■ **TASK ITEM**: Report back each line of the data that contains the word "Hierarchy".
═════ EXERCISE INPUT ═════
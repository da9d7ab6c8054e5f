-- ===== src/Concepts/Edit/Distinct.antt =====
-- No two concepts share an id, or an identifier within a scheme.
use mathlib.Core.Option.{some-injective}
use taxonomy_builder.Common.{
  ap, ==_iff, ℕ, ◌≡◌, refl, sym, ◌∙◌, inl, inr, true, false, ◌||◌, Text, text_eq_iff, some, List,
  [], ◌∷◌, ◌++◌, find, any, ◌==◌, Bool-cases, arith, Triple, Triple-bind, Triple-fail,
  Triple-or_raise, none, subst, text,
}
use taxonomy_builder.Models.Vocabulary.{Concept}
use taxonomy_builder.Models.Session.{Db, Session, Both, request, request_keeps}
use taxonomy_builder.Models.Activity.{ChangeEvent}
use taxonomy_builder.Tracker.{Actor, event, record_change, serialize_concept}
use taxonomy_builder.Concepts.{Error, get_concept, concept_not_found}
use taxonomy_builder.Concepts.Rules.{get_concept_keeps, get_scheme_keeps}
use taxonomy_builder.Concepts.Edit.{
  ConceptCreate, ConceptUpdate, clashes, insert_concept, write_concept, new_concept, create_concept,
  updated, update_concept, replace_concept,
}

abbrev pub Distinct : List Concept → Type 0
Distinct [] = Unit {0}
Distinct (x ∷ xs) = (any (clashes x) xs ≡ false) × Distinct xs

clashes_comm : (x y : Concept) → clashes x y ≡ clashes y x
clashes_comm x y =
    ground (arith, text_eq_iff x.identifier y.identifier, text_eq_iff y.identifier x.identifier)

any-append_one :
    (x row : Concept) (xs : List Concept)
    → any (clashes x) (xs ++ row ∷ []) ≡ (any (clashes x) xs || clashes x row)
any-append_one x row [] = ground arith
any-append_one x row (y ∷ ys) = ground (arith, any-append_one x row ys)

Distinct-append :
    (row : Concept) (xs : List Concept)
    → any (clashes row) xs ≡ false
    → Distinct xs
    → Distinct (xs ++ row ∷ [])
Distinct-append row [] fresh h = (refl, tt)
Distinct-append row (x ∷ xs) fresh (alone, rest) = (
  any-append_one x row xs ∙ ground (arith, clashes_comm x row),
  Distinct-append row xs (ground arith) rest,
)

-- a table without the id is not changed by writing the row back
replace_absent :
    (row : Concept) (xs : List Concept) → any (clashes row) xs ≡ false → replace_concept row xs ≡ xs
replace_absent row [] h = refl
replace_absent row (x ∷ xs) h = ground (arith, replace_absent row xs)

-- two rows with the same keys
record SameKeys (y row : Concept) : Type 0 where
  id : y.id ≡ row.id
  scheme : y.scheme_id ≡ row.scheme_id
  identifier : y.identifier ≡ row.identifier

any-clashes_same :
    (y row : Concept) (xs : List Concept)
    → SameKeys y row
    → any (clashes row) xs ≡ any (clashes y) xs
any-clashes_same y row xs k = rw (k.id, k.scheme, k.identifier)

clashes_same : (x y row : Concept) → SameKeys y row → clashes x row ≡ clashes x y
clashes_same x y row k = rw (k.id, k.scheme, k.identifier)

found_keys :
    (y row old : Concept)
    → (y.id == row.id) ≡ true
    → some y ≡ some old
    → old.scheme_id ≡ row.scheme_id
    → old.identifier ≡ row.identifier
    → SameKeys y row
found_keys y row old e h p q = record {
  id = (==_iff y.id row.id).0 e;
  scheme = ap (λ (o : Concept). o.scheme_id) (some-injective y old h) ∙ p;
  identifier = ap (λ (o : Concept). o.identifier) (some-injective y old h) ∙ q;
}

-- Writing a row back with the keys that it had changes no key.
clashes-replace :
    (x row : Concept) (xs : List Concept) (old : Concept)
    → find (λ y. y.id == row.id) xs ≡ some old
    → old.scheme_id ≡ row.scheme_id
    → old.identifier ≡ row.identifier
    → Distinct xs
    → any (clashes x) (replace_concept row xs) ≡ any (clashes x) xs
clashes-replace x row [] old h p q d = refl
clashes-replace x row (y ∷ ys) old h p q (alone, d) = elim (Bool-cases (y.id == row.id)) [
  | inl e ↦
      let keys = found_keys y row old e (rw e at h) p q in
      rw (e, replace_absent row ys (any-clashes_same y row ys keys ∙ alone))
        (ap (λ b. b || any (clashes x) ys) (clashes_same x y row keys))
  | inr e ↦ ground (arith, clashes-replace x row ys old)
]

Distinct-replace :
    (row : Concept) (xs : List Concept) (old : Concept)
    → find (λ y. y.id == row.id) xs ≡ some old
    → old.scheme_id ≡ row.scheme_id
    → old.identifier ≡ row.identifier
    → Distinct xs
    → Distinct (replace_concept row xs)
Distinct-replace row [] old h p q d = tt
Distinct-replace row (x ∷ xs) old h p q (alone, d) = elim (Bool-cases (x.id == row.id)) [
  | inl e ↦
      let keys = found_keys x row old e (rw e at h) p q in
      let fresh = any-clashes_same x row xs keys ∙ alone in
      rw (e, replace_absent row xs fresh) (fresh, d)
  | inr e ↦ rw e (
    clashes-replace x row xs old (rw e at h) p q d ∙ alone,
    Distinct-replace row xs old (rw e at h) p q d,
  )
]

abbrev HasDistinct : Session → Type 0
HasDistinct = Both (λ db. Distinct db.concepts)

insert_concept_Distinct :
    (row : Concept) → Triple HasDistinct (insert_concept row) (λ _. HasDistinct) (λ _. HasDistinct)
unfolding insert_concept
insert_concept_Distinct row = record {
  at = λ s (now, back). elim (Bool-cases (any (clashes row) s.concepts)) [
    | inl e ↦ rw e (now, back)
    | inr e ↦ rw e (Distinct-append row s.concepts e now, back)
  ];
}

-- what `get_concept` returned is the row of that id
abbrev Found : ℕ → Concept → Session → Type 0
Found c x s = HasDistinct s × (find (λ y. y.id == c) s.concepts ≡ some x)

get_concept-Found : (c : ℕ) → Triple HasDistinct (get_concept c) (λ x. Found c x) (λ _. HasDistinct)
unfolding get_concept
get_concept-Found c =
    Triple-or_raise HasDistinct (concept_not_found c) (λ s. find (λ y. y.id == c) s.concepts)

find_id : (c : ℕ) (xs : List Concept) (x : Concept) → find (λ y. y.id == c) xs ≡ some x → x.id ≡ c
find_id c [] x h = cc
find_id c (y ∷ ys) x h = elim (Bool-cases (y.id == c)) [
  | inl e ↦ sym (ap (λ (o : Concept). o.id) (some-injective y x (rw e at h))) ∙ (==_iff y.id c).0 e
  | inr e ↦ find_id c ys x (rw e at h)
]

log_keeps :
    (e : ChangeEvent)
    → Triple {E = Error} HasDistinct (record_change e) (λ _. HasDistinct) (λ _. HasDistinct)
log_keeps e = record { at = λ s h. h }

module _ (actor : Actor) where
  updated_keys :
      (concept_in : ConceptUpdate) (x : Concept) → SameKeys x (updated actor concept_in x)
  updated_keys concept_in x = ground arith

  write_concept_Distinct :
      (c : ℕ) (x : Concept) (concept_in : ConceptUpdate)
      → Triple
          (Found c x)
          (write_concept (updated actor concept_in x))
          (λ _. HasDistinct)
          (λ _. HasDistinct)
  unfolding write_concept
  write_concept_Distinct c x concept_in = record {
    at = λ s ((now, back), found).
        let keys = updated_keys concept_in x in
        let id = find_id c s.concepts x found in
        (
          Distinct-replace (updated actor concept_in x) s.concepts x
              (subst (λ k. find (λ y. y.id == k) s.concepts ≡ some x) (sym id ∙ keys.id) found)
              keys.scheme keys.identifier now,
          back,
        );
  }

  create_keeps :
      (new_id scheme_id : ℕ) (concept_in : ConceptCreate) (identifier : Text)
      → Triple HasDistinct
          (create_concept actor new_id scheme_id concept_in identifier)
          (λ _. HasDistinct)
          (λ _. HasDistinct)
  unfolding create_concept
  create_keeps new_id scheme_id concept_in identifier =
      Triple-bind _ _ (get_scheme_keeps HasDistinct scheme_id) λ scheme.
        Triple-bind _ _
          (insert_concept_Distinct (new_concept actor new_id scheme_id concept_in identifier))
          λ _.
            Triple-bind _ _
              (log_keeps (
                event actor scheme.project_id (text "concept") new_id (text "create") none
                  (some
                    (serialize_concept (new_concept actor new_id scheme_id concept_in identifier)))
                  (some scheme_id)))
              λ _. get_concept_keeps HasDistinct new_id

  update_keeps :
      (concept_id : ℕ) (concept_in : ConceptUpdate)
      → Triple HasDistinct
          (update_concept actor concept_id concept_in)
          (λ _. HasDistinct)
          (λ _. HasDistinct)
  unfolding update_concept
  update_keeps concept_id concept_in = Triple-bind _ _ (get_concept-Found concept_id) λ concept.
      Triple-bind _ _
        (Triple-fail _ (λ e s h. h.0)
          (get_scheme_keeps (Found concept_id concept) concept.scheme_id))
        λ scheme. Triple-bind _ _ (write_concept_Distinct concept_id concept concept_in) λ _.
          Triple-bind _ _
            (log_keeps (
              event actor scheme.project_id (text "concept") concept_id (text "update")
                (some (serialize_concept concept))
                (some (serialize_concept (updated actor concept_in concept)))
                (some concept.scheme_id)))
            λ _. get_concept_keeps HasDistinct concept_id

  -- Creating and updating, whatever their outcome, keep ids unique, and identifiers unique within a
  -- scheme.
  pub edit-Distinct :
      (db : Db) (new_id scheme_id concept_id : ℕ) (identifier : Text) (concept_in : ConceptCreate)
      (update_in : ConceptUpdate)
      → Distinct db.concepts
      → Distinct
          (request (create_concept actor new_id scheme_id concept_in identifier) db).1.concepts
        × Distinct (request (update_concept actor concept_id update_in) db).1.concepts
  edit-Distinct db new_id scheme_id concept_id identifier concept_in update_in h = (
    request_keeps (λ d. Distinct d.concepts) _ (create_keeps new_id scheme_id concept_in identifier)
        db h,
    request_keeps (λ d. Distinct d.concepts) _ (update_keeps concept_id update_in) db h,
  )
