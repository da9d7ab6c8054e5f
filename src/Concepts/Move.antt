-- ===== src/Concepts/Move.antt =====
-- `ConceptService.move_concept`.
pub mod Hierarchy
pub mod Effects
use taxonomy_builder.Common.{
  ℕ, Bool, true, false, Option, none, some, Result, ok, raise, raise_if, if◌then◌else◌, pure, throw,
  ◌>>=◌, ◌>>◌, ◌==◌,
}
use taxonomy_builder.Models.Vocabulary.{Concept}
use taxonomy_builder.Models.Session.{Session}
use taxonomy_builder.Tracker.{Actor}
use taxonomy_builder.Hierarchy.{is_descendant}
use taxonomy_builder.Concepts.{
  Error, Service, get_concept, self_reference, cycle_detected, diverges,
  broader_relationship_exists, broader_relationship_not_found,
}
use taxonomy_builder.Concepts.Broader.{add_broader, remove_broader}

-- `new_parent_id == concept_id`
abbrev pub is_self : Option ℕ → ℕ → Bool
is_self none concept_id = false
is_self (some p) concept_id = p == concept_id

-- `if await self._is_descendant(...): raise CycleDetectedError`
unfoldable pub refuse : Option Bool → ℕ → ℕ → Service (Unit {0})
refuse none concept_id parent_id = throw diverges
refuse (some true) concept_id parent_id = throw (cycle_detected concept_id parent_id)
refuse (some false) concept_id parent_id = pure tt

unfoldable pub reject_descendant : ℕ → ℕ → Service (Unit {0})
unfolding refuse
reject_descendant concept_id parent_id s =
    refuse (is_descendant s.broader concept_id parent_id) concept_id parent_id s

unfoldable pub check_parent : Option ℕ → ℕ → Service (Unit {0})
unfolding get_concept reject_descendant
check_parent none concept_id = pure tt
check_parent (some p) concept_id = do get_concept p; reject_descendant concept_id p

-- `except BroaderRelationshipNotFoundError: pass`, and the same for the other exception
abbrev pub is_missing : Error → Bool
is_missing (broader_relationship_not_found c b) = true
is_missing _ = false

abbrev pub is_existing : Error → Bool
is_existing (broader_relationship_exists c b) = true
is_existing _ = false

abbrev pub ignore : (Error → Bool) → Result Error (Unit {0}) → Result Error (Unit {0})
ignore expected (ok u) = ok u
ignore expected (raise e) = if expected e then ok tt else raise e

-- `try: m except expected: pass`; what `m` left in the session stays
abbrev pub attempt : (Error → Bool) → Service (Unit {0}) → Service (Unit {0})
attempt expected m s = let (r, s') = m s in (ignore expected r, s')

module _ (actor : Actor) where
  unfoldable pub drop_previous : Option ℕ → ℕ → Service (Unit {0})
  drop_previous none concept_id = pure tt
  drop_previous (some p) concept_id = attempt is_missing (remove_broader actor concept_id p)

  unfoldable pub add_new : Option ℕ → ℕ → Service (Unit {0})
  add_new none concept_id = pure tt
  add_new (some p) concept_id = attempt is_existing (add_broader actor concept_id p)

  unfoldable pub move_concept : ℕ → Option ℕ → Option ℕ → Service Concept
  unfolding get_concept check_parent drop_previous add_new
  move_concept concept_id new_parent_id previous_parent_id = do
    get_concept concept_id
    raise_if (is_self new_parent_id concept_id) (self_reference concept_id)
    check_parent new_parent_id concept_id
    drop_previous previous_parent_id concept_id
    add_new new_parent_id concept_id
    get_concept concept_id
═════
■ **OUTPUT FOR THIS TASK**:
pub mod Hierarchy
use taxonomy_builder.Hierarchy.{is_descendant}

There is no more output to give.